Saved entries
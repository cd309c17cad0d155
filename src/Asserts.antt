-- ===== src/Asserts.antt =====
-- What the unit tests of src/*.rs assert: `assert!` and `assert_eq!` as Booleans, where a panic is
-- `false`.
use boxed.Prelude.{Bool, true, false, not, ◌&&◌, ◌||◌, List, [], ◌∷◌, ◌++◌, Option, none, some}
use boxed.Text.{Text, codes}
use boxed.Error.{Error, Result, ok, err}
use boxed.Text.Contains.{contains_text}
use boxed.Display.{Debug, error_text}

module _ {ℓ} {T : Type ℓ} where
  -- `unwrap` or `expect`, and what is asserted of the value.
  abbrev pub unwrap : Result T → (T → Bool) → Bool
  unwrap (ok t) asserted = asserted t
  unwrap (err e) asserted = false

  -- `unwrap_err`, and what is asserted of the error.
  abbrev pub unwrap_err : Result T → (Error → Bool) → Bool
  unwrap_err (ok t) asserted = false
  unwrap_err (err e) asserted = asserted e

  abbrev pub is_err : Result T → Bool
  is_err r = unwrap_err r (λ e. true)

-- `err.to_string().contains(t)`
abbrev pub says : Debug → Error → Text → Bool
says d e t = elim (error_text d e) [ none ↦ false | some text ↦ contains_text text t ]

-- `slice.last()`, and what is asserted of it.
abbrev pub last_is {ℓ} : {A : Type ℓ} → List A → (A → Bool) → Bool
last_is [] asserted = false
last_is (a ∷ []) asserted = asserted a
last_is (a ∷ b ∷ xs) asserted = last_is (b ∷ xs) asserted

-- `==` on options and lists.
module _ {ℓ} {A : Type ℓ} (eq : A → A → Bool) where
  abbrev pub option_eq : Option A → Option A → Bool
  option_eq none none = true
  option_eq (some a) (some b) = eq a b
  option_eq _ _ = false

  abbrev pub list_eq : List A → List A → Bool
  list_eq [] [] = true
  list_eq (a ∷ xs) (b ∷ ys) = eq a b && list_eq xs ys
  list_eq _ _ = false

  -- `[..].contains(&a)`
  abbrev pub member : List A → A → Bool
  member [] a = false
  member (b ∷ xs) a = eq b a || member xs a

  -- `seen.insert(a)` gives `true` for each item in turn, where `seen` starts with the items given.
  abbrev pub all_inserted : List A → List A → Bool
  all_inserted seen [] = true
  all_inserted seen (a ∷ xs) = not (member seen a) && all_inserted (a ∷ seen) xs

-- Each test passes.
abbrev pub all_pass : List Bool → Bool
all_pass [] = true
all_pass (t ∷ ts) = t && all_pass ts

-- A `Debug` that quotes and escapes nothing, for texts without a quote.
abbrev pub quoting : Debug
quoting = record {
  text = λ t. codes "\"" ++ (t ++ codes "\"");
  capability = λ c. codes "?";
  signal = λ n. codes "?";
}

▶ **TRY IT**:
Up to and including the line with "asserted of it.", repeat the entries exactly, beginning at their first line.

▶ **WRITTEN RESPONSE**:
repository cd309c17cad0d155
filename src/Asserts.antt
-- ===== src/Asserts.antt =====
-- What the unit tests of src/*.rs assert: `assert!` and `assert_eq!` as Booleans, where a panic is
-- `false`.
use boxed.Prelude.{Bool, true, false, not, ◌&&◌, ◌||◌, List, [], ◌∷◌, ◌++◌, Option, none, some}
use boxed.Text.{Text, codes}
use boxed.Error.{Error, Result, ok, err}
use boxed.Text.Contains.{contains_text}
use boxed.Display.{Debug, error_text}

module _ {ℓ} {T : Type ℓ} where
  -- `unwrap` or `expect`, and what is asserted of the value.
  abbrev pub unwrap : Result T → (T → Bool) → Bool
  unwrap (ok t) asserted = asserted t
  unwrap (err e) asserted = false

  -- `unwrap_err`, and what is asserted of the error.
  abbrev pub unwrap_err : Result T → (Error → Bool) → Bool
  unwrap_err (ok t) asserted = false
  unwrap_err (err e) asserted = asserted e

  abbrev pub is_err : Result T → Bool
  is_err r = unwrap_err r (λ e. true)

-- `err.to_string().contains(t)`
abbrev pub says : Debug → Error → Text → Bool
says d e t = elim (error_text d e) [ none ↦ false | some text ↦ contains_text text t ]

-- `slice.last()`, and what is asserted of it.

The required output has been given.